The most interesting part for me of ‘The Book of Fire’ sections is the story ‘the mother’ tells ‘the daughter’ while they wait to be rescued. It describes her own family’s history, including the forced exodus of Greeks from Turkey in the 1920s which led to her great-grandfather’s arrival in Cyprus. You don’t have to be a genius to think of modern day comparisons when Irini’s great-great-grandfather observes to his son: ‘It is dangerous to see things in black and white, even – and maybe especially – during troubled times… Each side hates each other because of memories and traumas on both sides, some are real and some are imagined, and those become national narratives. They demonise each other. The “other” is always to blame and it fuels people and groups and governments with fire. This never leads to any good on this earth.’

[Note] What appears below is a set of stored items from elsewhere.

-- ===== src/Firewall.antt =====
-- The firewall page's guard against locking oneself out: internal/modules/firewall/lockout.go.
pub mod Lockout
pub mod Guard
mod Tests
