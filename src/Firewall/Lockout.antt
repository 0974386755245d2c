-- ===== src/Firewall/Lockout.antt =====
-- Which changes of the firewall can cut the operator off (internal/modules/firewall/lockout.go, on the
-- types of internal/platform/operators/firewall/firewall.go). Network addresses and their parsers are
-- parameters.
use nexa_panel.Prelude.{
  ℕ, Bool, true, false, not, ◌||◌, ◌&&◌, ◌==◌, Option, none, some, List, [], ◌∷◌, ◌++◌, Text, codes,
  ℤ, atoi, cut_at, pos, negsuc, any, select, map, is_empty, if◌then◌else◌, leb, text_eq, trim_space,
}

pub record Rule : Type 0 where
  pub port : Text
  pub protocol : Text
  pub action : Text
  pub from : Text
  pub comment : Text
  pub v6 : Bool

pub record Status : Type 0 where
  pub installed : Bool
  pub active : Bool
  pub rules : List Rule

pub record Change : Type 0 where
  pub action : Text
  pub rule : Rule

abbrev pub action_allow : Text
action_allow = codes "allow"

abbrev pub action_deny : Text
action_deny = codes "deny"

abbrev pub action_delete : Text
action_delete = codes "delete"

pub record AccessPort : Type 0 where
  pub number : ℕ
  pub label : Text
  pub panel : Bool

abbrev pub access_ports : List AccessPort
access_ports =
    record { number = 22; label = codes "SSH"; panel = false }
    ∷ record { number = 80; label = codes "the panel over HTTP"; panel = true }
    ∷ record { number = 443; label = codes "the panel over HTTPS"; panel = true }
    ∷ []

-- The reasons of `assessLockout`, by what they say: the ports they name are those of `access_ports`.
pub data Reason : Type 0 where
  carries_your_session : Reason
  only_rule_admitting denies_you : ℕ → Reason

abbrev pub pair_of : ℤ → Option ℤ → Option (ℤ × ℤ)
pair_of start none = none
pair_of start (some end) = some (start, end)

unfoldable pub range_from : Option ℤ → Text → Bool → Option (ℤ × ℤ)
range_from none high found = none
range_from (some start) high false = some (start, start)
range_from (some start) high true = pair_of start (atoi (trim_space high))

-- `portRange`
unfoldable pub port_range : Text → Option (ℤ × ℤ)
unfolding range_from
port_range spec =
    let (low, high, found) = cut_at 58 spec in range_from (atoi (trim_space low)) high found

abbrev pub at_least : ℤ → ℕ → Bool
at_least (pos low) port = leb low port
at_least (negsuc low) port = true

abbrev pub at_most : ℤ → ℕ → Bool
at_most (pos high) port = leb port high
at_most (negsuc high) port = false

abbrev pub in_range : ℕ → Option (ℤ × ℤ) → Bool
in_range port none = false
in_range port (some (low, high)) = at_least low port && at_most high port

-- `ruleAdmits`
unfoldable pub rule_admits : Rule → ℕ → Bool
unfolding port_range
rule_admits rule port =
    if not (is_empty rule.protocol) && not (text_eq rule.protocol (codes "tcp"))
    then false
    else if is_empty rule.port
    then true
    else in_range port (port_range rule.port)

-- `sameRuleBody`
unfoldable pub same_rule_body : Rule → Rule → Bool
same_rule_body a b =
    text_eq a.port b.port && (text_eq a.protocol b.protocol && text_eq a.from b.from)

abbrev pub allows_port : ℕ → Rule → Bool
allows_port port existing = text_eq existing.action action_allow && rule_admits existing port

-- `anyOtherRuleAdmits`
unfoldable pub any_other_rule_admits : Status → Rule → ℕ → Bool
unfolding same_rule_body
any_other_rule_admits status candidate port =
    any
      (λ existing.
        text_eq existing.action action_allow
        && (not (same_rule_body existing candidate) && rule_admits existing port))
      status.rules

unfoldable pub reason_eq : Reason → Reason → Bool
reason_eq carries_your_session carries_your_session = true
reason_eq (only_rule_admitting p) (only_rule_admitting q) = p == q
reason_eq (denies_you p) (denies_you q) = p == q
reason_eq _ _ = false

-- `dedupe`
unfoldable pub dedupe : List Reason → List Reason → List Reason
unfolding reason_eq
dedupe seen [] = []
dedupe seen (value ∷ values) =
    let kept = value ∷ dedupe (value ∷ seen) values in
    let dropped = dedupe seen values in if any (reason_eq value) seen then dropped else kept

-- `net.ParseIP`, `net.ParseCIDR` with `Contains`, and `Equal`.
pub record Net : Type 1 where
  pub Ip : Type 0
  pub parse_ip : Text → Option Ip
  pub parse_cidr : Text → Option (Ip → Bool)
  pub equal : Ip → Ip → Bool

module _ (net : Net) where
  unfoldable pub equals_parsed : Option net.Ip → net.Ip → Bool
  equals_parsed none address = false
  equals_parsed (some ip) address = net.equal ip address

  unfoldable pub in_source : Option (net.Ip → Bool) → Text → net.Ip → Bool
  unfolding equals_parsed
  in_source (some contains) from address = contains address
  in_source none from address = equals_parsed (net.parse_ip from) address

  unfoldable pub peer_covered : Text → Option net.Ip → Bool
  unfolding in_source
  peer_covered from none = false
  peer_covered from (some address) = in_source (net.parse_cidr from) from address

  -- `fromCovers`
  unfoldable pub from_covers : Text → Text → Bool
  unfolding peer_covered
  from_covers from peer =
      if is_empty (trim_space from) then true else peer_covered from (net.parse_ip peer)

  -- `carriesSession`
  unfoldable pub carries_session : Rule → Text → Bool
  unfolding from_covers rule_admits
  carries_session rule peer =
      if is_empty peer || not (from_covers rule.from peer)
      then false
      else any (λ (port : AccessPort). port.panel && rule_admits rule port.number) access_ports

  unfoldable pub delete_reasons : Status → Rule → Text → List Reason
  unfolding carries_session any_other_rule_admits rule_admits
  delete_reasons status rule peer =
      (if carries_session rule peer then carries_your_session ∷ [] else [])
      ++ map (λ (port : AccessPort). only_rule_admitting port.number)
          (select
            (λ (port : AccessPort).
              rule_admits rule port.number && not (any_other_rule_admits status rule port.number))
            access_ports)

  unfoldable pub deny_reasons : Rule → Text → List Reason
  unfolding from_covers rule_admits
  deny_reasons rule peer =
      map (λ (port : AccessPort). denies_you port.number)
        (select (λ (port : AccessPort). rule_admits rule port.number && from_covers rule.from peer)
          access_ports)

  -- `assessLockout`
  unfoldable pub assess_lockout : Status → Change → Text → List Reason
  unfolding delete_reasons deny_reasons dedupe
  assess_lockout status change peer =
      if not status.active
      then []
      else if text_eq change.action action_delete
      then (if text_eq change.rule.action action_allow
          then dedupe [] (delete_reasons status change.rule peer)
          else [])
      else if text_eq change.action action_deny
      then dedupe [] (deny_reasons change.rule peer)
      else []

-- `revertFor`; `none` is the error of an action that has no revert.
unfoldable pub revert_for : Change → Option Change
revert_for change =
    if text_eq change.action action_delete
    then some (record { action = change.rule.action; rule = change.rule })
    else if text_eq change.action action_deny || text_eq change.action action_allow
    then some
        (record { action = action_delete; rule = record (change.rule) { action = change.action } })
    else none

The book’s other plotline involving the man responsible for starting the fire explores the nature of revenge, whether it can ever be justified and whether it can actually bring the peace they desire to those who seek it. If it was the author’s intention that the reader have conflicted feelings about the rightfulness of the actions of Irini and others, then she succeeded.

Despite the terrible events that take place in the book, there are glimpses of hope, whether that’s the giant chestnut tree whose unburned half shows sign of life, the recovery of a young jackal rescued from the forest or the simple action of someone lifting a cup to their mouth by themselves for the first time.